Holy Sh-t, We've Been Gaslit... The G-Spot Isn't Real?!
WTF
In a recent report, Cosmopolitan has addressed a sexual pleasure issue that the media accidentally took too far. According to a few sex and feminine health experts, the G-Spot is not a real “spot.”
Admitting it was partially at fault, the publication opened with misconceptions it mistakenly shared, due to being misinformed itself. However, today, the publication — along with a few experts — shared research revealing what the G-Spot actually is: a pleasure center.

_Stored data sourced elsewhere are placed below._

-- ===== src/System/Kept.antt =====
-- What the packets leave of the stack's state (stack_system.go).
use sing_tun.Base.{ℕ, length, ◌≡◌, Option, some, List}
use sing_tun.Base.Bytes.{◌>>=◌, bind_some}
use sing_tun.Base.Ends.{Ends, some-Ends, bind-Ends, if_Ends, option-Ends}
use sing_tun.Header.{ip_version, ipv4_is_valid}
use sing_tun.System.{System, Step, ipv4_packet}
use sing_tun.System.Icmp.{Direct}
use sing_tun.System.Process.{Processed, process_packet, finished, ignored}
use sing_tun.System.Keeping.{Keeps, Keeps-self, KeepsStep}
use sing_tun.Header.Ipv6.{ipv6_is_valid}
use sing_tun.System.Six.{ipv6_packet}
use sing_tun.System.Kept4.{ipv4_keeps}
use sing_tun.System.Six.Kept.{ipv6_keeps}

module _ (s : System) where
  abbrev KeepsAll : Processed → Type 0
  KeepsAll r = Keeps s r.system

  kept_finish :
      (made : Option Step)
      → Ends (KeepsStep s) made
      → Ends KeepsAll (made >>= λ st. some (finished st))
  kept_finish made h r e =
      let (st, same, done) = bind_some made _ e in
      some-Ends KeepsAll (finished st) (h st same) r done

-- Whatever packet comes, if processPacket does not panic, it changes nothing of System but the NATs:
-- a nil NAT stays nil, and a NAT stays one and keeps its invariant.
pub process_packet-Keeps :
    (s : System) (now : ℕ) (direct4 direct6 : ℕ → ℕ → Direct) (stale b : List ℕ) (r : Processed)
    → process_packet s now direct4 direct6 stale b ≡ some r
    → Keeps s r.system
unfolding process_packet
process_packet-Keeps s now direct4 direct6 stale b r =
    let idle = some-Ends (KeepsAll s) (ignored s b) (Keeps-self s) in
    option-Ends (KeepsAll s) (ip_version b) _ _ idle
      (λ version.
        if_Ends (KeepsAll s) _ _ _
          (bind-Ends (KeepsAll s) (ipv4_is_valid b (length b)) _ λ valid.
            if_Ends (KeepsAll s) _ _ _ idle (
              bind-Ends (KeepsAll s) (ipv4_packet b) _
                λ p. kept_finish s _ (ipv4_keeps s now direct4 stale p)))
          (if_Ends (KeepsAll s) _ _ _
            (bind-Ends (KeepsAll s) (ipv6_is_valid b (length b)) _ λ valid.
              if_Ends (KeepsAll s) _ _ _ idle (
                bind-Ends (KeepsAll s) (ipv6_packet b) _
                  λ p. kept_finish s _ (ipv6_keeps s now direct6 stale p)))
            idle))
      r
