-- ===== src/System/Short.antt =====
-- processPacket of stack_system.go on segments that end before their TCP header does.
use sing_tun.Base.{
  ℕ, ◌+◌, ◌<◌, ◌≡◌, refl, ap, ◌∙◌, true, false, Option, none, some, List, length, arith,
}
use sing_tun.Base.Bytes.{◌>>=◌, get16}
use sing_tun.Header.{
  ip_version, ipv4_is_valid, transport_protocol, source_addr, destination_addr, source_port,
  destination_port,
}
use sing_tun.Nat.{TcpNat}
use sing_tun.System.{System, Packet, ipv4_packet, is_global_unicast, stay}
use sing_tun.System.Tcp.{route_tcp, process_ipv4_tcp}
use sing_tun.System.Icmp.{Direct}
use sing_tun.System.Process.{is_broadcast, process_transport, process_ipv4, process_packet}

-- A valid IPv4 packet that processIPv4 hands to its TCP branch.
pub record TcpBound (s : System) (b : List ℕ) (p : Packet) (nat : TcpNat) (dst : ℕ) : Type 0 where
  pub version : ip_version b ≡ some 4
  pub valid : ipv4_is_valid b (length b) ≡ some true
  pub split : ipv4_packet b ≡ some p
  pub protocol : transport_protocol p.header ≡ some 6
  pub destination : destination_addr p.header ≡ some dst
  pub not_broadcast : is_broadcast s.broadcast_addr dst ≡ false
  pub global : is_global_unicast dst ≡ true
  pub has_nat : s.tcp_nat4 ≡ some nat

bind_none :
    {A B : Type 0} (m : Option A) (f : A → Option B) → ((a : A) → f a ≡ none) → (m >>= f) ≡ none
bind_none none f h = refl
bind_none (some a) f h = h a

get16-none : (b : List ℕ) (off : ℕ) → length b < off + 2 → get16 b off ≡ none
unfolding get16
get16-none b off h = ground arith

route_short :
    (s : System) (now : ℕ) (p : Packet) (nat : TcpNat)
    → length p.payload < 4
    → route_tcp s now p nat ≡ none
unfolding route_tcp destination_port
route_short s now p nat h = bind_none (source_addr p.header) _ λ src.
    bind_none (source_port p.payload) _
      λ sport. bind_none (destination_addr p.header) _ λ dst. rw (get16-none p.payload 2 h) refl

tcp_short :
    (s : System) (now : ℕ) (p : Packet) (nat : TcpNat)
    → s.tcp_nat4 ≡ some nat
    → length p.payload < 4
    → process_ipv4_tcp s now p ≡ none
unfolding process_ipv4_tcp
tcp_short s now p nat e h =
    ap (λ (o : Option TcpNat). elim o [ none ↦ some (stay s p) | some nat ↦ route_tcp s now p nat ])
      e
    ∙ route_short s now p nat h

ipv4_short :
    (s : System) (now : ℕ) (direct : ℕ → ℕ → Direct) (stale b : List ℕ) (p : Packet) (nat : TcpNat)
    (dst : ℕ)
    → TcpBound s b p nat dst
    → length p.payload < 4
    → process_ipv4 s now direct stale p ≡ none
unfolding process_ipv4 process_transport
ipv4_short s now direct stale b p nat dst t h =
    rw (t.destination, t.not_broadcast, t.global, t.protocol, tcp_short s now p nat t.has_nat h)
      refl

-- processPacket panics on every valid IPv4 packet for TCP whose payload has less than four bytes, if
-- its destination is a global unicast address other than the broadcast address and the stack has an
-- IPv4 address.
pub process_packet_short :
    (s : System) (now : ℕ) (direct direct6 : ℕ → ℕ → Direct) (stale b : List ℕ) (p : Packet)
    (nat : TcpNat) (dst : ℕ)
    → TcpBound s b p nat dst
    → length p.payload < 4
    → process_packet s now direct direct6 stale b ≡ none
unfolding process_packet
process_packet_short s now direct direct6 stale b p nat dst t h =
    rw (t.version, process_packet)
      (rw (t.valid, t.split, ipv4_short s now direct stale b p nat dst t h) refl)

“Beverly Whipple, PhD. and a team of researchers officially coined the term “G-spot” in the early ’80s,” shared the publication. It referred to a “sensitive, small bean,” that provided pleasure, but “they didn’t mean it was a spot spot.” Even all research conducted that claims to have found a G-Spot, was actually describing it as “a bundle of nerves,” never once feeling a physical button-like “spot.” One last expert closed, “It’s not like pushing an elevator button or a light switch,” Barry Komisaruk, PhD, a neuroscientist at Rutgers University said. “It’s not a single thing.”
However, somewhere down the line and several publications later, sexual wellness brands and experts misconstrued it as an actual spot, creating an entire industry of appeasing something that they had all wrong. From G-Spot massagers to penetrative machines aiming to hit the “spot,” the style of product accrues millions each year.
But don’t be alarmed — Whipple has a word: “Women are capable of experiencing sexual pleasure many different ways,” Whipple said to the publication in their recent conversation. “Everyone is unique.”